No data on cohorts of thyroidectomy patients are available. In our study, PEG-precipitable TSH was 39.3%±1.9% in patients who had undergone total thyroidectomy for thyroid cancer and 44.1%±3.9% in similarly treated patients with a final histological diagnosis of benignity. These percentages seem to be somewhat lower than those reported in 681 samples from subjects with a clinical diagnosis of subclinical hypothyroidism (from 21% to 100%; on average, 63%) [17] and in 10 samples from subjects with presumably normal thyroid function (from 58% to 79%) [15]. On the other hand, mTSH distribution seems to be quite normal in our sera, as in the study by Hattori et al. [17]. In our whole group, according to the arbitrary cut-off of ≥80%, the prevalence of mTSH (3.1%) was higher than that reported in subclinical hypothyroidism [171824]. It is not clear whether this difference is due to the different cohort of patients or to the lack, in our study, of gel-filtration or HAMA examinations. However, the significant negative correlation seen between TSH after PEG-precipitable evaluation and fT4 concentrations in the study group, but not between TSH and fT4 levels before PEG precipitation, indicates that, in some patients, LT4 is not adequately titrated in relation to both elevated free-TSH and fT4. Literature data indicate that there is an increased need for LT4 in post-thyroidectomy patients, and that a wide range of daily LT4 regimens are available [2526]. This increase has been ascribed to the need to replace direct glandular triiodothyronine production, which is no longer available in post-surgical hypothyroid patients. Our data demonstrate that, in assessing the adequacy of LT4 dosage after total thyroidectomy in thyroid cancer patients, the individual balance of fT4 and mTSH must also be considered.
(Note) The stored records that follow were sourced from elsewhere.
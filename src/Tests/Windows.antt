-- ===== src/Tests/Windows.antt =====
-- A Windows port that gives four bytes at a time.
use libtta.Base.{
  ℕ, ◌+◌, ◌≡◌, refl, sym, pos, true, false, some, List, [], ◌∷◌, ◌++◌, length, take, drop,
  length-take, length-replicate, take-append-drop, min, replicate, arith,
}
use libtta.Base.Run.{ok, Returns}
use libtta.Context.{State}
use libtta.Core.Engine.{receive_pkt}
use libtta.Rs485.Packet.Laws.{frame}
use libtta.Rs485.Win32.Settings.{Dcb, dcb_settings, cbr_9600, onestopbit, noparity}
use libtta.Rs485.Termios.{cleared, speed_of, line_settings}
use libtta.Rs485.Settings.{asked, termios_line, dcb_line, line_settings-dcb_settings}
use libtta.Rs485.Win32.{Windows, WinRs485, connect, link}
use libtta.Rs485.Win32.Open.{Opened, win32_connect-Opened}
use libtta.Rs485.Win32.Stream.{WindowsStream, IsIdle, read_twice, win32_ser_read-again}
use libtta.Rs485.Win32.Receive.{win32_receive-line}
use libtta.Tests.Fixture.{calm_system, with_data}

abbrev found_dcb : Dcb
found_dcb = record {
  baud_rate = cbr_9600;
  byte_size = 8;
  stop_bits = onestopbit;
  parity = noparity;
  f_parity = false;
  f_tx_continue_on_xoff = false;
  f_out_x = true;
  f_in_x = true;
  f_binary = true;
  f_abort_on_error = true;
  rest = 0;
}

abbrev windows : Windows (List ℕ)
windows = record {
  create_file = λ path w. (some 3, w);
  close_handle = λ h w. (true, w);
  get_comm_state = λ h w. (some found_dcb, w);
  set_comm_state = λ h dcb w. (true, w);
  set_comm_timeouts = λ h t w. w;
  read_file = λ h n w. (some (take (min n 4) w), drop (min n 4) w);
  write_file = λ h out w. (some (length out), w);
  flush_file_buffers = λ h w. (true, w);
  tiocmbic_rts = λ s w. w;
}

abbrev windows_stream : WindowsStream windows
windows_stream = record {
  line = λ w. w;
  timeouts_line = λ h t w. refl;
  read_some = λ h n w pos more. (
    take (min n 4) w,
    drop (min n 4) w,
    refl,
    omega (arith, length-take (min n 4) w),
    omega (arith, length-take (min n 4) w),
    sym (take-append-drop (min n 4) w),
  );
}

-- A port with `n` bytes read ahead into `buf`.
abbrev win_port : ℕ → List ℕ → WinRs485
win_port n buf = record {
  device = 67 ∷ [];
  baud = pos 9600;
  data_bit = 8;
  stop_bit = 1;
  parity = 78;
  w_ser = record { fd = some 3; buf = buf; n_bytes = n };
  old_dcb = found_dcb;
  confirmation_to_ignore = false;
}

abbrev fresh : List ℕ → State WinRs485 (List ℕ)
fresh w = with_data (win_port 0 (replicate 512 0)) w

win32_receive-line_example :
    (t : State WinRs485 (List ℕ)) × (t.world ≡ 99 ∷ [])
    × IsIdle windows windows_stream t
    × (receive_pkt calm_system 1 (link windows) 260 true (fresh (frame 1 2 3 (10 ∷ []) ++ 99 ∷ []))
        ≡ ok ((some 8, frame 1 2 3 (10 ∷ [])), t))
win32_receive-line_example =
    win32_receive-line windows windows_stream calm_system 1 1 2 3 (10 ∷ []) (99 ∷ []) (omega arith)
      true (fresh (frame 1 2 3 (10 ∷ []) ++ 99 ∷ [])) (refl, length-replicate {A = ℕ} 512 0) refl

win32_connect-Opened_example : Returns (connect windows (fresh [])) (Opened windows (fresh []))
win32_connect-Opened_example = win32_connect-Opened windows (fresh [])

-- Four bytes have been read ahead, and one byte is read, then two.
abbrev ahead : State WinRs485 (List ℕ)
ahead = with_data (win_port 4 (1 ∷ 2 ∷ 3 ∷ 4 ∷ 0 ∷ [])) []

win32_ser_read-again_example :
    Returns (read_twice 1 2 ahead) (λ r t.
      (r ≡ (some (1 ∷ []), some (1 ∷ 2 ∷ []))) × (t.backend_data.w_ser.n_bytes + (1 + 2) ≡ 4))
win32_ser_read-again_example = win32_ser_read-again 1 2 ahead (omega arith) (omega arith)

-- 19200 baud, 7 bits, 2 stop bits, even parity.
line_settings-dcb_settings_example :
    (termios_line (
        line_settings 7 2 b'E'
          (record cleared { ispeed = speed_of (pos 19200); ospeed = speed_of (pos 19200) }))
      ≡ asked (pos 19200) 7 2 b'E')
    × (dcb_line (dcb_settings (pos 19200) 7 2 b'E' found_dcb) ≡ asked (pos 19200) 7 2 b'E')
line_settings-dcb_settings_example = line_settings-dcb_settings (pos 19200) 7 2 b'E' found_dcb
In their review of published case reports, Loh et al. [15] reported that the majority of patients with mTSH were females without symptoms of thyroid disorders, except for one with clinical features of hyperthyroidism. Hattori et al. [18] stated that mTSH is predominant in samples from elderly patients and that autoimmune mechanisms might be involved in the generation of mTSH [17]. On the other hand, some patients with mTSH have anti-Tg, anti-TSH receptors, and anti-thyroperoxidase antibodies [15]. Although our population consisted of middle-aged and elderly patients, no correlation was noted between mTSH and age or TgAb status. Moreover, no correlation was found in the study group between mTSH and disease stage or previous radioiodine therapy. In our opinion, more data are needed in order to attribute mTSH generation to age, sex, or autoimmunity.

It has been suggested the screening for TSH in subclinical hypothyroidism is necessary before LT4 therapy is initiated [1718]. However, this seems routinely impracticable; the same can probably be said in the case of thyroid cancer patients. Moreover, the detection of mTSH must be undertaken in particular conditions in surgical hypothyroid patients (present data), such as in patients with sleep disorders [20].

Our study has several limitations: (1) both the study and control groups comprised few subjects; (2) no other laboratory procedures were performed after PEG-precipitation; (3) TSH was assayed by means of only one analytical platform; and (4) the cut-off of PEG-precipitable TSH was set arbitrarily.

In conclusion, free-TSH levels after PEG precipitation are on average 40% lower than serum TSH levels in hypothyroid subjects with or without a history of thyroid carcinoma. The presence of mTSH seems to be a rare phenomenon in our patients. Patients suspected of having mTSH must be followed up for a long time, owing to the hypothesized long persistence of the immunoglobulin G-TSH complex [19]. In some patients with low PEG-precipitable TSH (%), a reduction in LT4 dosage could be suggested. Moreover, LT4 dosage adjusted to b.w. is the main factor in maintaining TSH in a semi-suppressed or normal range. More serum samples need to be evaluated in order to strike a balance between adequate TSH suppression and the avoidance of unnecessary long-term exogenous hyperthyroxinemia.